The group tested their approach during Udinese's home league matches in the 2006-07 Serie A season.  They recorded 11 minutes of image data from the match (actually they recorded images from four matches, but they could only do qualitative analysis from those).  In those 11 minutes they were able to employ a human operator to identify players with the ball, ball events, and offside calls, so they had a truth baseline against which to compare the results from the image analysis system. The system was able to correctly identify shots and the player in possession of the ball more than 90% of the time, with very few false positives (< 5%).  The system is also able to accurately determine the time that events occured; 70% of the events were localized within .20 seconds of the correct time, and 83% within .32 seconds of the correct time.  That may not be fast enough for quick passes near the penalty area, but it appears to be good enough for long passes from the defensive half.  The system is susceptible to balls hit with spin, most of the false positives and inaccurate identifications occurred because of an inability to estimate the trajectory of spun balls.

There are a few areas that in my opinion could be improved or further studied.  The 3-D ball trajectory is modeled using straight lines between estimates, and while it works well for most cases, it's clear that it breaks down for curved ball trajectories.  That estimation problem is much more difficult, and I can easily see a trade-off having to be made between accuracy of the trajectory and computation time.  I did not see any mention of the system performance during corner kicks, where the ball trajectory curves significantly.  The estimation problem could also be solved by obtaining more estimates of the ball locations.  I see another accuracy vs. time trade-off there.  The inference algorithm is basic, but it works well so I don't see why that would have to be refined.  It would be nice to see how this system performs for a full 90-minute match.  Over the course of a full match, there would be more opportunities for false positives and occlusions.  It will be interesting to see if the error percentage goes up significantly in the course of a complete match.

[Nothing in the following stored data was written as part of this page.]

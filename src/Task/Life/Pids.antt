-- ===== src/Task/Life/Pids.antt =====
-- The identifiers that `init_common_slot` of task.cpp gives.
use venom_os.Base.{
  ℕ, ◌+◌, ◌-◌, ◌==◌, ◌≡◌, Option, none, some, refl, sym, ◌∙◌, subst, arith, inl, inr, Bool-cases,
  Option-cases,
}
use venom_os.Base.Memory.{u64}
use venom_os.Heap.{kmalloc}
use venom_os.Task.{State, Task, Table, make_pid, no_pid, find_free_slot, add_child}
use venom_os.Task.Life.{
  Kernel, init_common_slot, with_stack, fill_slot, join_parent, parent_of, set_task,
  task_stack_size,
}
use venom_os.Task.Life.Fields.{AgreeOn, AgreeOn-refl, add_child-AgreeOn}

stored_pid : (i : ℕ) (x : Task) (t : Table) → ((set_task i x t).tasks i).pid ≡ x.pid
stored_pid i x t = ground arith

join_parent-AgreeOn : (i : ℕ) (t : Table) (k : ℕ) → AgreeOn (t.tasks k) ((join_parent i t).tasks k)
join_parent-AgreeOn i t k = elim (Option-cases t.current_index) [
  | inl idle ↦
      subst (λ o. AgreeOn (t.tasks k) ((joined o).tasks k)) (sym idle) (AgreeOn-refl (t.tasks k))
  | inr (c, cur) ↦
      subst (λ o. AgreeOn (t.tasks k) ((joined o).tasks k)) (sym cur) (add_child-AgreeOn c i t k)
]
  where
    joined : Option ℕ → Table
    joined o = elim o [ none ↦ t | some c ↦ add_child c i t ]

fill_slot-pid :
    (i stack entry name : ℕ) (t : Table)
    → ((fill_slot i stack entry name t).tasks i).pid ≡ make_pid i (u64 ((t.tasks i).generation + 1))
fill_slot-pid i stack entry name t =
    let x = t.tasks i in
    let x₁ : Task = record x {
      state = State.new;
      rsp = u64 (stack + task_stack_size - 64);
      stack_base = stack;
      entry = entry;
      generation = u64 (x.generation + 1);
      pid = make_pid i (u64 (x.generation + 1));
      parent_pid = parent_of t;
      first_child = no_pid;
      next_sibling = no_pid;
    } in
    let t₁ = set_task i x₁ t in
    let t₂ = join_parent i t₁ in
    stored_pid i (record (t₂.tasks i) { exit_code = 0; wake_tick = 0; name = name }) t₂
    ∙ (join_parent-AgreeOn i t₁ i).pid
    ∙ stored_pid i x₁ t

with_stack-pid :
    (i j stack entry name : ℕ) (k : Kernel)
    → (with_stack j stack entry name k).0 ≡ some i
    → ((with_stack j stack entry name k).1.table.tasks i).pid
      ≡ make_pid i (u64 ((k.table.tasks i).generation + 1))
with_stack-pid i j stack entry name k e = elim (Bool-cases (stack == 0)) [
  | inl missing ↦ absurd (ground arith)
  | inr there ↦
      let same : j ≡ i = ground arith in
      rw there (
        subst
          (λ n.
            ((fill_slot n stack entry name k.table).tasks i).pid
            ≡ make_pid i (u64 ((k.table.tasks i).generation + 1)))
          (sym same) (fill_slot-pid i stack entry name k.table))
]

-- A new task has the identifier of its slot and of the generation after the one before.
pub init_common_slot-pid :
    (entry name i : ℕ) (k : Kernel)
    → (init_common_slot entry name k).0 ≡ some i
    → ((init_common_slot entry name k).1.table.tasks i).pid
      ≡ make_pid i (u64 ((k.table.tasks i).generation + 1))
unfolding init_common_slot
init_common_slot-pid entry name i k e = elim (Option-cases (find_free_slot k.table)) [
  | inl full ↦
      let never : none ≡ some i = sym (rw (full, init_common_slot) refl) ∙ e in
      absurd (ground arith)
  | inr (j, free) ↦
      let (stack, heap, pmm) = kmalloc task_stack_size k.heap k.machine.pmm in
      let k₁ = record k { heap = heap; machine = record k.machine { pmm = pmm } } in
      let ok : (with_stack j stack entry name k₁).0 ≡ some i =
        sym (rw (free, init_common_slot) refl) ∙ e in
      rw (free, init_common_slot) (with_stack-pid i j stack entry name k₁ ok)
]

In the end, I think this work makes an important contribution to a very difficult problem, and can enable a number of very high-level tasks in the game of soccer, from referee decisions to performance analysis.


[Beetz et al. 2006]  M. Beetz, N. v. Hoyningen-Huene, J. Bandouch, B. Kirchlechner, S. Gedikli, and A. Maldonado, "Camera-based observation of football games for analyzing multi-agent activities", In Proccedings of AAMAS '06, p. 42-49.

[Zhu et al. 2007] G. Zhu, Q. Huang, C. Xu, Y. Rui, S. Jiang, W. Gao, and H. Yao, "Trajectory based event tactics analysis in broadcast sports video", In Proceedings of MULTIMEDIA '07, p. 58-67.